Problem description: Report how many lines in the entries below have the word "SameHeld" in them, and give no other words.

Provided data:
---------------

-- ===== src/StoreForward/Peek.antt =====
-- `peek` of logger/firmware/src/StoreForwardQueue.cpp against the abstract view.

use devices.Prelude.{
  ℕ, ◌≡◌, sym, ap, some, none, List, [], ◌∷◌, ◌++◌, arith, length, drop-append, Option-cases, inl,
  inr,
}
use devices.StoreForward.Fs.{Fs, FilePath, IsFs, Segment, segment_path}
use devices.StoreForward.Format.{at, header_of}
use devices.StoreForward.Types.{Queue, pending_records, oldest_segment}
use devices.StoreForward.Reading.{
  IsPayload, encode_record, read_payload_written, read_header_written,
}
use devices.StoreForward.Queue.{read_header, open_at_head, peek_file, peek}
use devices.StoreForward.Contents.{
  encode_records, IsQueue, SegmentHolds, pending_records-eq, oldest_segment-holds,
}

module _ {W R : Type 0} (fs : Fs W R) {whole rest : R → List ℕ} {content : FilePath → W → List ℕ}
    (is_fs : IsFs fs whole rest content) where
  -- The file at the replay head of a segment stands before its pending records.
  pub open_at_head-rest :
      (s : Segment) (q : Queue) (w : W) (records : List (List ℕ)) {r : R}
      → SegmentHolds content q w s records
      → (open_at_head fs s q w).0 ≡ some r
      → rest r ≡ encode_records records
  open_at_head-rest s q w records h e = elim (Option-cases (fs.open_read (segment_path s) w).0) [
    | inl missing ↦ absurd (ground arith)
    | inr (file, opened) ↦ ground (
      arith,
      is_fs.reader.seek_rest (at q.metadata.head s) file,
      is_fs.open_read_whole (segment_path s) w file,
      drop-append h.skipped (encode_records records),
    )
  ]

  -- What `peek` reads at the start of a record is that record's payload.
  peek_file_written :
      (r : R) (q : Queue) (p later payload : List ℕ)
      → IsPayload p
      → rest r ≡ encode_record p ++ later
      → (peek_file fs r q).0 ≡ some payload
      → payload ≡ p
  unfolding peek_file header_of
  peek_file_written r q p later payload v e h = elim (Option-cases (read_header fs r).0) [
    | inl missing ↦ absurd (ground arith)
    | inr (header, found) ↦
        let (is_header, after) = read_header_written fs is_fs.reader r p later v e found in
        let read =
          read_payload_written fs is_fs.reader fs.available (length p) (read_header fs r).1 p later
            after in
        ground (arith, read)
  ]

  peek_first :
      (q : Queue) (w : W) (p : List ℕ) (ps : List (List ℕ)) (payload : List ℕ)
      → SegmentHolds content q w (oldest_segment q) (p ∷ ps)
      → (peek fs q w).0 ≡ some payload
      → payload ≡ p
  unfolding peek
  peek_first q w p ps payload v h = elim (Option-cases (open_at_head fs (oldest_segment q) q w).0) [
    | inl missing ↦ absurd (ground arith)
    | inr (file, opened) ↦
        let before = open_at_head-rest (oldest_segment q) q w (p ∷ ps) v opened in
        ground (arith, peek_file_written file q p (encode_records ps) payload v.payloads.0 before)
  ]

  peek-none_pending : (q : Queue) (w : W) → pending_records q ≡ 0 → (peek fs q w).0 ≡ none
  unfolding peek
  peek-none_pending q w h = ground arith

  -- A payload that `peek` delivers is the oldest pending one: it is the first of the records that
  -- the two segments hold, whatever reads fall short.
  pub peek_sound :
      (q : Queue) (w : W) (older newer : List (List ℕ)) {payload : List ℕ}
      → IsQueue content q w older newer
      → (peek fs q w).0 ≡ some payload
      → (later : List (List ℕ)) × (older ++ newer ≡ payload ∷ later)
  peek_sound q w [] [] v h =
      absurd (cc (peek-none_pending q w (pending_records-eq content q w [] [] v)))
  peek_sound q w [] (p ∷ ps) {payload = payload} v h = (
    ps,
    ap (λ x. x ∷ ps)
        (sym (peek_first q w p ps payload (oldest_segment-holds content q w [] (p ∷ ps) v) h)),
  )
  peek_sound q w (p ∷ ps) newer {payload = payload} v h = (
    ps ++ newer,
    ap (λ x. x ∷ (ps ++ newer))
        (sym (peek_first q w p ps payload (oldest_segment-holds content q w (p ∷ ps) newer v) h)),
  )
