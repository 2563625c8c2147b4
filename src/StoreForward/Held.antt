-- ===== src/StoreForward/Held.antt =====
-- The two segments of a queue of logger/firmware/src/StoreForwardQueue.cpp seen from either one, and
-- members and files that are the same for both.

use devices.Prelude.{ℕ, ◌≤◌, ◌<◌, ◌≡◌, refl, sym, ap, ◌∙◌, true, List}
use devices.StoreForward.Fs.{FilePath, Segment, segment_path}
use devices.StoreForward.Format.{at, other}
use devices.StoreForward.Types.{Queue}
use devices.StoreForward.Contents.{IsQueue, other-other, SegmentHolds, Holds-cast}
use Prim.Native.String.{String}
use devices.StoreForward.Queue.{fail}

module _ {W : Type 0} (content : FilePath → W → List ℕ) where
  -- The two segments of a queue, `s` with the records `a`, and the other with `b`.
  pub record TwoHold (q : Queue) (w : W) (s : Segment) (a b : List (List ℕ)) : Type 0 where
    pub first_held : SegmentHolds content q w s a
    pub second_held : SegmentHolds content q w (other s) b
    pub is_ready : q.ready ≡ true
    pub bounded : q.segment_maximum_bytes < 2147483648
    pub first_fits : at q.tail s ≤ q.segment_maximum_bytes
    pub second_fits : at q.tail (other s) ≤ q.segment_maximum_bytes

  -- Members that are equal, and files that hold the same.
  pub record SameHeld (q q' : Queue) (w w' : W) : Type 0 where
    pub head_same : q'.metadata.head ≡ q.metadata.head
    pub tail_same : q'.tail ≡ q.tail
    pub count_same : q'.count ≡ q.count
    pub ready_same : q'.ready ≡ q.ready
    pub maximum_same : q'.segment_maximum_bytes ≡ q.segment_maximum_bytes
    pub content_same : (s : Segment) → content (segment_path s) w' ≡ content (segment_path s) w

  pub TwoHold-same :
      {q q' : Queue} {w w' : W} {s : Segment} {a b : List (List ℕ)}
      → SameHeld q q' w w'
      → TwoHold q w s a b
      → TwoHold q' w' s a b
  TwoHold-same {s = s} e v = record {
    first_held =
        Holds-cast (e.content_same s) (ap (λ p. at p s) e.head_same) (ap (λ p. at p s) e.tail_same)
          (ap (λ p. at p s) e.count_same) v.first_held;
    second_held =
        Holds-cast (e.content_same (other s)) (ap (λ p. at p (other s)) e.head_same)
          (ap (λ p. at p (other s)) e.tail_same) (ap (λ p. at p (other s)) e.count_same)
          v.second_held;
    is_ready = e.ready_same ∙ v.is_ready;
    bounded = rw e.maximum_same v.bounded;
    first_fits = rw (e.maximum_same, e.tail_same) v.first_fits;
    second_fits = rw (e.maximum_same, e.tail_same) v.second_fits;
  }

  pub fail-SameHeld : (q : Queue) (w : W) (e : String) → SameHeld q (fail q e) w w
  fail-SameHeld q w e = record {
    head_same = refl;
    tail_same = refl;
    count_same = refl;
    ready_same = refl;
    maximum_same = refl;
    content_same = λ s. refl;
  }

  pub same_queue : (q : Queue) (w : W) → SameHeld q q w w
  same_queue q w = record {
    head_same = refl;
    tail_same = refl;
    count_same = refl;
    ready_same = refl;
    maximum_same = refl;
    content_same = λ s. refl;
  }

  pub IsQueue-TwoHold_active :
      {q : Queue} {w : W} {older newer : List (List ℕ)}
      → IsQueue content q w older newer
      → TwoHold q w q.metadata.active_segment newer older
  IsQueue-TwoHold_active v = record {
    first_held = v.newer_held;
    second_held = v.older_held;
    is_ready = v.is_ready;
    bounded = v.bounded;
    first_fits = v.newer_fits;
    second_fits = v.older_fits;
  }

  pub IsQueue-TwoHold-other :
      {q : Queue} {w : W} {older newer : List (List ℕ)}
      → IsQueue content q w older newer
      → TwoHold q w (other q.metadata.active_segment) older newer
  IsQueue-TwoHold-other {q} v = record {
    first_held = v.older_held;
    second_held = rw (other-other q.metadata.active_segment) v.newer_held;
    is_ready = v.is_ready;
    bounded = v.bounded;
    first_fits = v.older_fits;
    second_fits = rw (other-other q.metadata.active_segment) v.newer_fits;
  }

  pub TwoHold-active-IsQueue :
      {q : Queue} {w : W} {s : Segment} {older newer : List (List ℕ)}
      → q.metadata.active_segment ≡ s
      → TwoHold q w s newer older
      → IsQueue content q w older newer
  TwoHold-active-IsQueue e v = record {
    older_held = rw e v.second_held;
    newer_held = rw e v.first_held;
    is_ready = v.is_ready;
    bounded = v.bounded;
    older_fits = rw e v.second_fits;
    newer_fits = rw e v.first_fits;
  }

  pub TwoHold-other-IsQueue :
      {q : Queue} {w : W} {s : Segment} {older newer : List (List ℕ)}
      → q.metadata.active_segment ≡ s
      → TwoHold q w (other s) older newer
      → IsQueue content q w older newer
  TwoHold-other-IsQueue {s = s} e v = record {
    older_held = rw e v.first_held;
    newer_held = rw (e ∙ sym (other-other s)) v.second_held;
    is_ready = v.is_ready;
    bounded = v.bounded;
    older_fits = rw e v.first_fits;
    newer_fits = rw (e ∙ sym (other-other s)) v.second_fits;
  }
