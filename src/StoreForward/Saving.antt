-- ===== src/StoreForward/Saving.antt =====
-- What `saveMetadata` and `truncateSegment` of logger/firmware/src/StoreForwardQueue.cpp leave alone.

use devices.Prelude.{ℕ, ◌≡◌, ◌≢◌, true, List, [], arith, if◌then◌else◌}
use devices.StoreForward.Fs.{
  Fs, FilePath, IsFs, Segment, segment_path, metadata_path, metadata_temporary_path,
}
use devices.StoreForward.Format.{encode_metadata, put, other}
use devices.StoreForward.Types.{Queue}
use devices.StoreForward.Metadata.{save_metadata}
use devices.StoreForward.Segments.{truncate_segment}

module _ {W R : Type 0} (fs : Fs W R) where
  -- The members other than `lastError_` are as they were.
  pub save_metadata-queue :
      (q : Queue) (w : W)
      → (save_metadata fs q w).1 ≡ record q { last_error = (save_metadata fs q w).1.last_error }
  unfolding save_metadata
  save_metadata-queue q w = ground arith

  pub truncate_segment-queue :
      (s : Segment) (q : Queue) (w : W)
      → (truncate_segment fs s q w).0 ≡ true
      → (truncate_segment fs s q w).1 ≡ record q {
        metadata = record (q.metadata) { head = put q.metadata.head s 0 };
        tail = put q.tail s 0;
        count = put q.count s 0;
      }
  unfolding truncate_segment
  truncate_segment-queue s q w h = ground arith

module _ {W R : Type 0} (fs : Fs W R) {whole rest : R → List ℕ} {content : FilePath → W → List ℕ}
    (is_fs : IsFs fs whole rest content) where
  -- Saving the metadata touches no segment file.
  pub save_metadata-content :
      (s : Segment) (q : Queue) (w : W)
      → content (segment_path s) (save_metadata fs q w).2 ≡ content (segment_path s) w
  unfolding save_metadata
  save_metadata-content s q w =
      let t = metadata_temporary_path in
      let p = segment_path s in
      let w₁ = if fs.exists t w then fs.remove t w else w in
      let w₂ = (fs.open_write t w₁).1 in
      let w₃ = (fs.write t (encode_metadata q.metadata) w₂).1 in
      let w₄ = fs.close t (fs.flush t w₃) in
      ground (
        arith,
        is_fs.remove_other t p w (λ e. cc),
        is_fs.open_write_other t p w₁ (λ e. cc),
        is_fs.write_other t p (encode_metadata q.metadata) w₂ (λ e. cc),
        is_fs.flush_keeps t p w₃,
        is_fs.close_keeps t p (fs.flush t w₃),
        is_fs.rename_other t metadata_path p w₄ (λ e. cc) (λ e. cc),
      )

  pub truncate_segment-content :
      (s : Segment) (q : Queue) (w : W)
      → (truncate_segment fs s q w).0 ≡ true
      → content (segment_path s) (truncate_segment fs s q w).2 ≡ []
  unfolding truncate_segment
  truncate_segment-content s q w h = ground (
    arith,
    is_fs.open_write_truncates (segment_path s) w,
    is_fs.close_keeps (segment_path s) (segment_path s) (fs.open_write (segment_path s) w).1,
  )

  other_ne : (s : Segment) → segment_path s ≢ segment_path (other s)
  other_ne s e = ground arith

  pub truncate_segment-other :
      (s : Segment) (q : Queue) (w : W)
      → content (segment_path (other s)) (truncate_segment fs s q w).2
        ≡ content (segment_path (other s)) w
  unfolding truncate_segment
  truncate_segment-other s q w = ground (
    arith,
    is_fs.open_write_other (segment_path s) (segment_path (other s)) w (other_ne s),
    is_fs.close_keeps (segment_path s) (segment_path (other s))
        (fs.open_write (segment_path s) w).1,
  )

---------------

Solution below: 5